[Data shown Boundary: Start]
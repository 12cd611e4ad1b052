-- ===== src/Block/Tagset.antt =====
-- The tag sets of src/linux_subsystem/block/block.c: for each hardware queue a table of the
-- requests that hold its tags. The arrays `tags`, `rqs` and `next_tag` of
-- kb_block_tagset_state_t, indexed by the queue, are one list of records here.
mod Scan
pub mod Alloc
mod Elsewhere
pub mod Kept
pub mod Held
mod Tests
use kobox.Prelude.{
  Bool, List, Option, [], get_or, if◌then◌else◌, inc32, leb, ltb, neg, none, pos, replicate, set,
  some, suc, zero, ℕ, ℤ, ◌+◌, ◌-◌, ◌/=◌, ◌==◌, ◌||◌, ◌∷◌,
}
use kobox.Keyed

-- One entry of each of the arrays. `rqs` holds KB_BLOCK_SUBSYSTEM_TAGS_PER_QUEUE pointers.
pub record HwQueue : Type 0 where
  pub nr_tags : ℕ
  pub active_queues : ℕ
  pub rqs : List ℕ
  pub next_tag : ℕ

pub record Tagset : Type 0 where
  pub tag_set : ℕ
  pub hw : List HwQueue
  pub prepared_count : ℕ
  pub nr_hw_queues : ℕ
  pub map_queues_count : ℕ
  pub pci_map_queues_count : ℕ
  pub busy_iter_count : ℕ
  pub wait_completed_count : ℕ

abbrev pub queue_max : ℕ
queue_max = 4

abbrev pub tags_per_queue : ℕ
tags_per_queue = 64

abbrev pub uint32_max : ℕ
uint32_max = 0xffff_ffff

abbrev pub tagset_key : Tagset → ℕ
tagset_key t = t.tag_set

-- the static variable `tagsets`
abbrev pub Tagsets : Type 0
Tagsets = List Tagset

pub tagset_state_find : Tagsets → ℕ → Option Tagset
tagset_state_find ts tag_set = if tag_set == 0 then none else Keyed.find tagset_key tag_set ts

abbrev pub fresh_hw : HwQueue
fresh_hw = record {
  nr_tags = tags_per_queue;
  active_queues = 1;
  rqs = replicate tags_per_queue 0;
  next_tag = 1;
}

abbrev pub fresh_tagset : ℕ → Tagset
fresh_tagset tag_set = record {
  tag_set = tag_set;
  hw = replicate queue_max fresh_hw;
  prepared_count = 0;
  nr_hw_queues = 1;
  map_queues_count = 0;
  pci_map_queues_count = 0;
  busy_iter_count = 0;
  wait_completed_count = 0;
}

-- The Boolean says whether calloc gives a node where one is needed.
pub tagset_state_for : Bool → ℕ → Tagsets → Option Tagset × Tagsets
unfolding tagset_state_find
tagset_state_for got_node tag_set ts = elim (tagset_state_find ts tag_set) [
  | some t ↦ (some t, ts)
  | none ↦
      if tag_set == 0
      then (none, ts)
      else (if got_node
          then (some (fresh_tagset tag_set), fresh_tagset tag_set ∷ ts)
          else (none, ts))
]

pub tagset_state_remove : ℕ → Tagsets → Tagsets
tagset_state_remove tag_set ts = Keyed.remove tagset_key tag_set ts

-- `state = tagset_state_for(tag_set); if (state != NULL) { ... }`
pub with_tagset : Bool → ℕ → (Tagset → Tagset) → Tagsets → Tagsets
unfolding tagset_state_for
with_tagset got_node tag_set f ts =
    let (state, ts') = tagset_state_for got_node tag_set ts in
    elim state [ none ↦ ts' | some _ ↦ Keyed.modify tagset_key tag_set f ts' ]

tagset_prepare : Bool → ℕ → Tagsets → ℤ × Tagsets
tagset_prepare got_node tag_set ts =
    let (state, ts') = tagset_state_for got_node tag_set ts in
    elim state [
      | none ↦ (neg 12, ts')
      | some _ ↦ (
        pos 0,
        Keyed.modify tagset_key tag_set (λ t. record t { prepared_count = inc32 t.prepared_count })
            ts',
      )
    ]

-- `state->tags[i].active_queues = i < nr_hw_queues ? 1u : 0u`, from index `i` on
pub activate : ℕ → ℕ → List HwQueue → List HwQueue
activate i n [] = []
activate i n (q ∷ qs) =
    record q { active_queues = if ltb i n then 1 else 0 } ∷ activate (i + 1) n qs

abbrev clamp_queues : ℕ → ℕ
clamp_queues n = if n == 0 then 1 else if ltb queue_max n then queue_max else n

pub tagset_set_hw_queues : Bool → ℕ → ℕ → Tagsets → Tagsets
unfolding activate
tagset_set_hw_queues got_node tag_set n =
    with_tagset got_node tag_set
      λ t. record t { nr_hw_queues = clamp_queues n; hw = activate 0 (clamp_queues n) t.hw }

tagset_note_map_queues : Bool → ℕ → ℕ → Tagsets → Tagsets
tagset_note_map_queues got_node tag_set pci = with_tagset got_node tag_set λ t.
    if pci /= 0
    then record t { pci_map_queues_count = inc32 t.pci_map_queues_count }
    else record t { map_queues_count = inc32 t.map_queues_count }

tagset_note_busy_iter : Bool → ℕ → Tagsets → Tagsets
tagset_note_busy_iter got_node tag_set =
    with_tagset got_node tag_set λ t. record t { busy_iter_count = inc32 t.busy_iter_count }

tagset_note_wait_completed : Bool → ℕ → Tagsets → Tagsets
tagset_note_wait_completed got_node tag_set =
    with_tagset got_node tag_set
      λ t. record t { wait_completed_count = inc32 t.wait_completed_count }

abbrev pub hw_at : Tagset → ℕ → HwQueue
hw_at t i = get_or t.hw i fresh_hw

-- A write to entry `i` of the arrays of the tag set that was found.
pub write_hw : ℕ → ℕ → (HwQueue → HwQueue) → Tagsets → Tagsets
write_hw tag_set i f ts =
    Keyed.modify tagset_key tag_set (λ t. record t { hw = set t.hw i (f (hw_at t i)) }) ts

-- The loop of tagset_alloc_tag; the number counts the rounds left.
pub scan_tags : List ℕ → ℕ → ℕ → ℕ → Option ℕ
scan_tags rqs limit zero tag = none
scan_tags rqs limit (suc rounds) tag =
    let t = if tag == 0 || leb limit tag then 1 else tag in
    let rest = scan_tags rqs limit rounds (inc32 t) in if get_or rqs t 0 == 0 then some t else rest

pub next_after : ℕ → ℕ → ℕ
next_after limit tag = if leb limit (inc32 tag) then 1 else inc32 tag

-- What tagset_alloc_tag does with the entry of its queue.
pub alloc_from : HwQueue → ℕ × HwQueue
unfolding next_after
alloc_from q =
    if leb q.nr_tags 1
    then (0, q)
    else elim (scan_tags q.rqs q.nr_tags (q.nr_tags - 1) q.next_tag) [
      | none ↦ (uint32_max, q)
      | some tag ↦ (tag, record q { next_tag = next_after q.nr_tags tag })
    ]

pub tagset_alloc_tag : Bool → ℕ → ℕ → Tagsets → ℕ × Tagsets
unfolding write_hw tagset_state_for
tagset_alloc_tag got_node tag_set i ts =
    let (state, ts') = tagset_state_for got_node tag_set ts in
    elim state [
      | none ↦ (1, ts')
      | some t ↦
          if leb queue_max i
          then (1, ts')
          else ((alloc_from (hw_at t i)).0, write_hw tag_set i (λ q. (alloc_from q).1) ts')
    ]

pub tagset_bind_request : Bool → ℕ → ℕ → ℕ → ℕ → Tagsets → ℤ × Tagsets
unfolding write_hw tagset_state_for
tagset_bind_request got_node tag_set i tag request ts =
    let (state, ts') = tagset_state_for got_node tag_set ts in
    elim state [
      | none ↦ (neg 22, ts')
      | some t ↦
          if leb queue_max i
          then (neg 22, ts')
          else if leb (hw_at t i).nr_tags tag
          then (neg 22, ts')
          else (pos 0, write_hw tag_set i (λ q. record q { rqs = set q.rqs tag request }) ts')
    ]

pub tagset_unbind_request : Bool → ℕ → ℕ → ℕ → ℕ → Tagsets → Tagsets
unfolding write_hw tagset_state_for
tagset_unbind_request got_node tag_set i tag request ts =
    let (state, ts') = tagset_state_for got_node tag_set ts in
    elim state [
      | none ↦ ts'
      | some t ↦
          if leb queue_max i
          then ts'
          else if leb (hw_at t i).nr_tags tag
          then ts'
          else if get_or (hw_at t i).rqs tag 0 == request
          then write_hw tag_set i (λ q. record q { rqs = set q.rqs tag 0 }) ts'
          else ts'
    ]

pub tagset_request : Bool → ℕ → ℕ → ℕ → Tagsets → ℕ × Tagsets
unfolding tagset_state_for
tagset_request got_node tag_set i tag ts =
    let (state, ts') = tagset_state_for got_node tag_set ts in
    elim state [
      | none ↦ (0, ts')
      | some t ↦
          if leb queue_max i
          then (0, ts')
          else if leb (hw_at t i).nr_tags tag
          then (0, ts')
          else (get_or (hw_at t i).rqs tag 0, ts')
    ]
[Data shown Boundary: End]
### Action item
Pick out every line above that holds the word "abbrev" and copy it.

### Answer to this problem
abbrev pub queue_max : ℕ
abbrev pub tags_per_queue : ℕ
abbrev pub uint32_max : ℕ
abbrev pub tagset_key : Tagset → ℕ
abbrev pub Tagsets : Type 0
abbrev pub fresh_hw : HwQueue
abbrev pub fresh_tagset : ℕ → Tagset
abbrev clamp_queues : ℕ → ℕ
abbrev pub hw_at : Tagset → ℕ → HwQueue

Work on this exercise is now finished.